In both the cases, I almost never trust the output Claude gives me. I rarely (2-5%) am able to one-shot all levels(5 lines - 1000 lines) of change requirements to my projects.
But I ignore hallucinations, i.e if I ask Claude to change all reference to schema1.users
table in the SQL code to use schema2.users
, and it has changed it in the 1st occurrence in a file’s select
statements, I don’t check it in the next ones, I still keep an eye out for when it references indices or foreign key references.
For technical questions irrelevant to the project context like (“Foregin keys syntax sqlite3”), I still use the Chat interface to get a stub which I can verify in the project’s documentation site.

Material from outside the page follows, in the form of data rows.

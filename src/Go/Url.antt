-- ===== src/Go/Url.antt =====
-- `url.PathEscape` and `url.QueryEscape` on byte strings.
use aegis_ebpf.Base.{
  ℕ, ◌+◌, ◌-◌, ◌/◌, ◌%◌, ◌<◌, ◌≡◌, ◌≢◌, inl, inr, refl, sym, Bool, true, ◌&&◌, ◌||◌, List, [], ◌∷◌,
  arith, leb, ltb, ◌==◌, Bool-cases, if◌then◌else◌, Bytes, All,
}

-- An upper-case hexadecimal digit.
abbrev pub hex_digit : ℕ → ℕ
hex_digit n = if ltb n 10 then b'0' + n else b'A' + (n - 10)

abbrev pub is_unreserved : ℕ → Bool
is_unreserved c =
    leb b'a' c && leb c b'z'
    || leb b'A' c && leb c b'Z'
    || leb b'0' c && leb c b'9'
    || c == b'-'
    || c == b'_'
    || c == b'.'
    || c == b'~'

-- The characters that stay in a segment of a path.
unfoldable pub stays_in_segment : ℕ → Bool
stays_in_segment c =
    is_unreserved c || c == b'$' || c == b'&' || c == b'+' || c == b':' || c == b'=' || c == b'@'

unfoldable pub path_escape : Bytes → Bytes
path_escape [] = []
path_escape (c ∷ s) =
    let rest = path_escape s in
    if stays_in_segment c then c ∷ rest else b'%' ∷ hex_digit (c / 16) ∷ hex_digit (c % 16) ∷ rest

unfoldable pub query_escape : Bytes → Bytes
query_escape [] = []
query_escape (c ∷ s) =
    let rest = query_escape s in
    if c == b' '
    then b'+' ∷ rest
    else if is_unreserved c
    then c ∷ rest
    else b'%' ∷ hex_digit (c / 16) ∷ hex_digit (c % 16) ∷ rest

abbrev pub AreBytes : Bytes → Type 0
AreBytes = All (λ c. c < 256)

hex_digit_injective : (a b : ℕ) → a < 16 → b < 16 → hex_digit a ≡ hex_digit b → a ≡ b
hex_digit_injective a b la lb e = ground (arith, e, la, lb)

hex_digits_injective :
    (c d : ℕ)
    → c < 256
    → d < 256
    → hex_digit (c / 16) ≡ hex_digit (d / 16)
    → hex_digit (c % 16) ≡ hex_digit (d % 16)
    → c ≡ d
hex_digits_injective c d lc ld hi lo = omega (
  arith,
  hex_digit_injective (c / 16) (d / 16) (omega (arith, lc)) (omega (arith, ld)) hi,
  hex_digit_injective (c % 16) (d % 16) (omega arith) (omega arith) lo,
)

percent_goes : (c : ℕ) → stays_in_segment c ≡ true → c ≢ b'%'
unfolding stays_in_segment
percent_goes c e h = ground (arith, e, h)

heads {ℓ} : {A : Type ℓ} {x y : A} {xs ys : List A} → x ∷ xs ≡ y ∷ ys → (x ≡ y) × (xs ≡ ys)
heads e = (cc, cc)

-- Different texts stay different.
pub path_escape_injective :
    (s t : Bytes) → AreBytes s → AreBytes t → path_escape s ≡ path_escape t → s ≡ t
unfolding path_escape
path_escape_injective [] [] bs bt e = refl
path_escape_injective [] (d ∷ t) bs bt e = elim (Bool-cases (stays_in_segment d)) [
  | inl k ↦ absurd (let f = rw k at e in cc)
  | inr k ↦ absurd (let f = rw k at e in cc)
]
path_escape_injective (c ∷ s) [] bs bt e = elim (Bool-cases (stays_in_segment c)) [
  | inl k ↦ absurd (let f = rw k at e in cc)
  | inr k ↦ absurd (let f = rw k at e in cc)
]
path_escape_injective (c ∷ s) (d ∷ t) (lc, bs) (ld, bt) e = elim (Bool-cases (stays_in_segment c)) [
  | inl k ↦ elim (Bool-cases (stays_in_segment d)) [
    | inl j ↦
        let f = rw (k, j) at e in
        let (h, r) = heads f in let same = path_escape_injective s t bs bt r in cc
    | inr j ↦ let f = rw (k, j) at e in absurd (percent_goes c k (heads f).0)
  ]
  | inr k ↦ elim (Bool-cases (stays_in_segment d)) [
    | inl j ↦ let f = rw (k, j) at e in absurd (percent_goes d j (sym (heads f).0))
    | inr j ↦
        let f = rw (k, j) at e in
        let (_, f₁) = heads f in
        let (hi, f₂) = heads f₁ in
        let (lo, r) = heads f₂ in
        let same = path_escape_injective s t bs bt r in
        let head = hex_digits_injective c d lc ld hi lo in cc
  ]
]

-- A segment has no slash, question mark or hash in it.
abbrev pub StaysInside : ℕ → Type 0
StaysInside c = (c ≢ b'/') × (c ≢ b'?') × (c ≢ b'#')

stays_inside : (c : ℕ) → stays_in_segment c ≡ true → StaysInside c
unfolding stays_in_segment
stays_inside c e =
    ((λ h. ground (arith, e, h)), (λ h. ground (arith, e, h)), (λ h. ground (arith, e, h)))

hex_digit-inside : (n : ℕ) → n < 16 → StaysInside (hex_digit n)
hex_digit-inside n lt =
    ((λ h. ground (arith, lt, h)), (λ h. ground (arith, lt, h)), (λ h. ground (arith, lt, h)))

pub path_escape-inside : (s : Bytes) → AreBytes s → All StaysInside (path_escape s)
unfolding path_escape
path_escape-inside [] b = tt
path_escape-inside (c ∷ s) (lc, b) = elim (Bool-cases (stays_in_segment c)) [
  | inl k ↦ rw k (stays_inside c k, path_escape-inside s b)
  | inr k ↦ rw k (
    (
      (λ h. absurd (omega (arith, h))),
      (λ h. absurd (omega (arith, h))),
      (λ h. absurd (omega (arith, h))),
    ),
    (
      hex_digit-inside (c / 16) (omega (arith, lc)),
      (hex_digit-inside (c % 16) (omega arith), path_escape-inside s b),
    ),
  )
]
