-- ===== src/Schedule/Examples.antt =====
-- A schedule of two slots a week (schedule.py), from a Wednesday on.
use inno_scalping_crawling.Common.{
  ◌≡◌, ◌↔◌, ◌⊎◌, refl, false, true, some, List, [], ◌∷◌, ok, codes, strip, drop_spaces, is_space,
  lookup, text_eq, In, ℕ,
}
use inno_scalping_crawling.Schedule.{
  Moment, Slot, Schedule, texts, slots_of, parse_schedule, parse_entries, parse_entry, match_entry,
  day_numbers, insert_slot, sort_slots, next_occurrence, next_within, next_on, occurrences_between,
  between_days, between_on, is_before,
}
use inno_scalping_crawling.Schedule.Between.{
  IsOccurrence, IsWithin, occurrences_between-In, occurrences_between-meet,
}
use inno_scalping_crawling.Schedule.Next.{next_occurrence-IsEarliest, next_occurrence_returns}

abbrev twice_weekly : Schedule
twice_weekly = texts (some (codes " THU 07:30") ∷ some (codes "MON 07:30") ∷ [])

abbrev half_past_seven : ℕ
half_past_seven = 27_000_000_000

abbrev two_slots : List Slot
two_slots =
    record { weekday = 0; time = half_past_seven }
    ∷ record { weekday = 3; time = half_past_seven }
    ∷ []

parsed : slots_of twice_weekly ≡ ok two_slots
unfolding slots_of parse_schedule parse_entries parse_entry match_entry day_numbers insert_slot
    sort_slots strip drop_spaces is_space lookup text_eq
parsed = refl

abbrev wednesday : Moment
wednesday = record { day = 2; time = 0 }

abbrev thursday : Moment
thursday = record { day = 3; time = half_past_seven }

abbrev next_monday : Moment
next_monday = record { day = 7; time = half_past_seven }

abbrev next_thursday : Moment
next_thursday = record { day = 10; time = half_past_seven }

next_is_monday : next_occurrence thursday twice_weekly ≡ ok next_monday
unfolding next_occurrence next_within next_on slots_of parse_schedule parse_entries parse_entry
    match_entry day_numbers insert_slot sort_slots strip drop_spaces is_space lookup text_eq
next_is_monday = refl

next_occurrence-IsEarliest_example :
    IsOccurrence two_slots next_monday
    × (is_before thursday next_monday ≡ true)
    × ((o : Moment)
        → IsOccurrence two_slots o
        → is_before thursday o ≡ true
        → is_before o next_monday ≡ false)
next_occurrence-IsEarliest_example =
    next_occurrence-IsEarliest thursday next_monday twice_weekly two_slots parsed next_is_monday

next_occurrence_returns_example :
    (next : Moment) × (next_occurrence thursday twice_weekly ≡ ok next)
next_occurrence_returns_example = next_occurrence_returns thursday twice_weekly two_slots parsed

until_monday : occurrences_between wednesday next_monday twice_weekly ≡ ok (thursday ∷ [])
unfolding occurrences_between between_days between_on slots_of parse_schedule parse_entries
    parse_entry match_entry day_numbers insert_slot sort_slots strip drop_spaces is_space lookup
    text_eq
until_monday = refl

from_monday : occurrences_between next_monday next_thursday twice_weekly ≡ ok (next_monday ∷ [])
unfolding occurrences_between between_days between_on slots_of parse_schedule parse_entries
    parse_entry match_entry day_numbers insert_slot sort_slots strip drop_spaces is_space lookup
    text_eq
from_monday = refl

until_thursday :
    occurrences_between wednesday next_thursday twice_weekly ≡ ok (thursday ∷ next_monday ∷ [])
unfolding occurrences_between between_days between_on slots_of parse_schedule parse_entries
    parse_entry match_entry day_numbers insert_slot sort_slots strip drop_spaces is_space lookup
    text_eq
until_thursday = refl

occurrences_between-In_example :
    In thursday (thursday ∷ [])
    ↔ (IsOccurrence two_slots thursday × IsWithin wednesday next_monday thursday)
occurrences_between-In_example =
    occurrences_between-In wednesday next_monday twice_weekly two_slots (thursday ∷ []) thursday
      parsed until_monday

occurrences_between-meet_example :
    ¬ (In next_monday (thursday ∷ []) × In next_monday (next_monday ∷ []))
    × (In next_monday (thursday ∷ next_monday ∷ [])
        ↔ (In next_monday (thursday ∷ []) ⊎ In next_monday (next_monday ∷ [])))
occurrences_between-meet_example =
    occurrences_between-meet wednesday next_monday next_thursday twice_weekly two_slots
      (thursday ∷ []) (next_monday ∷ []) (thursday ∷ next_monday ∷ []) parsed until_monday
      from_monday until_thursday next_monday
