-- ===== src/Scoring.antt =====
-- src/scalping_briefing/pipeline/scoring.py: the value score of a candidate. The values are those
-- of publishing/gate.py. The reasons, which only put the points into words, are left out.
pub mod Lookup
pub mod Terms
pub mod Criteria
pub mod Recency
pub mod Novelty
pub mod Candidate
pub mod Call
pub mod Bounds
pub mod Totals
pub mod Causes
pub mod Ends
pub mod Ages
pub mod Newness
pub mod Weight
mod Examples
use inno_scalping_crawling.Common.{
  ℕ, Bool, true, false, not, if◌then◌else◌, leb, Option, none, some, List, [], ◌∷◌, ◌++◌, any, Text,
  codes, is_filled, strip, words, join_spaces, contains, text_eq,
}
use inno_scalping_crawling.Common.Int.{ℤ}
use inno_scalping_crawling.Publication.{
  Value, Entries, null, boolean, scalar, date_time, text, mapping, sequence, end, entry, field,
  one_of,
}
use inno_scalping_crawling.BriefingGate.DataWindow.{zulu}

pub data ScoringError : Type 0 where
  candidate_required not_iterable exceeds_breakdown : ScoringError
  two_documents two_times two_related not_writable : ScoringError

-- `_present`; `none` is `_MISSING`, which no caller of `_present` passes on.
unfoldable pub is_present : Option Value → Bool
is_present none = false
is_present (some null) = false
is_present (some (text s)) = is_filled s
is_present (some (mapping end)) = false
is_present (some (sequence end)) = false
is_present (some v) = true

abbrev joined : Text → Text → Text
joined [] rest = rest
joined (c ∷ s) [] = c ∷ s
joined (c ∷ s) (d ∷ t) = (c ∷ s) ++ (b' ' ∷ (d ∷ t))

-- `_text`
unfoldable mutual
  pub text_of : Value → Text
  text_of null = []
  text_of (boolean true) = codes "True"
  text_of (boolean false) = codes "False"
  text_of (scalar s _ _) = strip s
  text_of (text s) = join_spaces (words s)
  text_of (mapping entries) = entries_text entries
  text_of (sequence entries) = entries_text entries

  pub entries_text : Entries → Text
  entries_text end = []
  entries_text (entry _ v rest) = joined (text_of v) (entries_text rest)

abbrev pub field_text : Value → Text → Text
field_text v name = shown (field v name)
  where
    shown : Option Value → Text
    shown none = []
    shown (some w) = text_of w

-- `str.casefold`, `float` in whole thousandths (`none` where it raises or is not finite), and
-- `datetime.fromisoformat` (as for the data window of a briefing).
pub record Reading : Type 0 where
  pub casefold : Text → Text
  pub float : Value → Option ℤ
  pub fromisoformat : Text → Option ℕ

pub record Criterion : Type 0 where
  pub score : ℕ
  pub max_score : ℕ

-- `_clamp_score` of a whole number that is not negative.
unfoldable pub clamp_score : ℕ → ℕ → ℕ
clamp_score n maximum = if leb n maximum then n else maximum

-- `_criterion`
unfoldable pub criterion : ℕ → ℕ → Criterion
criterion maximum n = record { score = clamp_score n maximum; max_score = maximum }

-- `_number`
unfoldable pub number : Reading → Option Value → Option ℤ
number reading none = none
number reading (some (boolean _)) = none
number reading (some v) = reading.float v

-- `_contains_any`
unfoldable pub contains_any : Reading → Option Value → List Text → Bool
contains_any reading none terms =
    any (λ term. contains (reading.casefold term) (reading.casefold [])) terms
contains_any reading (some v) terms =
    any (λ term. contains (reading.casefold term) (reading.casefold (text_of v))) terms

-- `_status`
unfoldable pub status_text : Reading → Value → Text → Text
status_text reading candidate name =
    reading.casefold (field_text candidate (name ++ codes "_status"))

abbrev quality : Text → ℕ
quality status =
    if text_eq status (codes "conflicting")
    then 0
    else if one_of
        ([]
          ∷ codes "unknown"
          ∷ codes "not_applicable"
          ∷ codes "none"
          ∷ codes "null"
          ∷ codes "inferred"
          ∷ [])
        status
    then 1
    else 2

-- `_status_quality`
unfoldable pub status_quality : Reading → Value → Text → ℕ
status_quality reading candidate name =
    if not (is_present (field candidate name))
    then 0
    else quality (status_text reading candidate name)

-- `_parse_datetime`
unfoldable pub parse_datetime : Reading → Option Value → Option ℕ
parse_datetime reading (some (scalar _ _ (some (date_time i)))) = some i
parse_datetime reading (some (text s)) =
    if is_filled s then reading.fromisoformat (zulu (strip s)) else none
parse_datetime reading _ = none

-- `n` points if the test holds.
unfoldable pub points : ℕ → Bool → ℕ
points n test = if test then n else 0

Unless I’m familiar with the structure of the documentation site already – like that of https://pkg.go.dev or https://docs.python.org/3/.
What can be improved?
- As it’s a VM with limited resources, the UX isn’t fast. The ideal thing would be a second GUI computer to do this, but I don’t have that space.
- For frontend tasks, it’d be ideal if it can look at the React application and iterate on a visual output. But I have to at least improve the VM to make it a dev environment to achieve this. Right now, it’s only 60% there.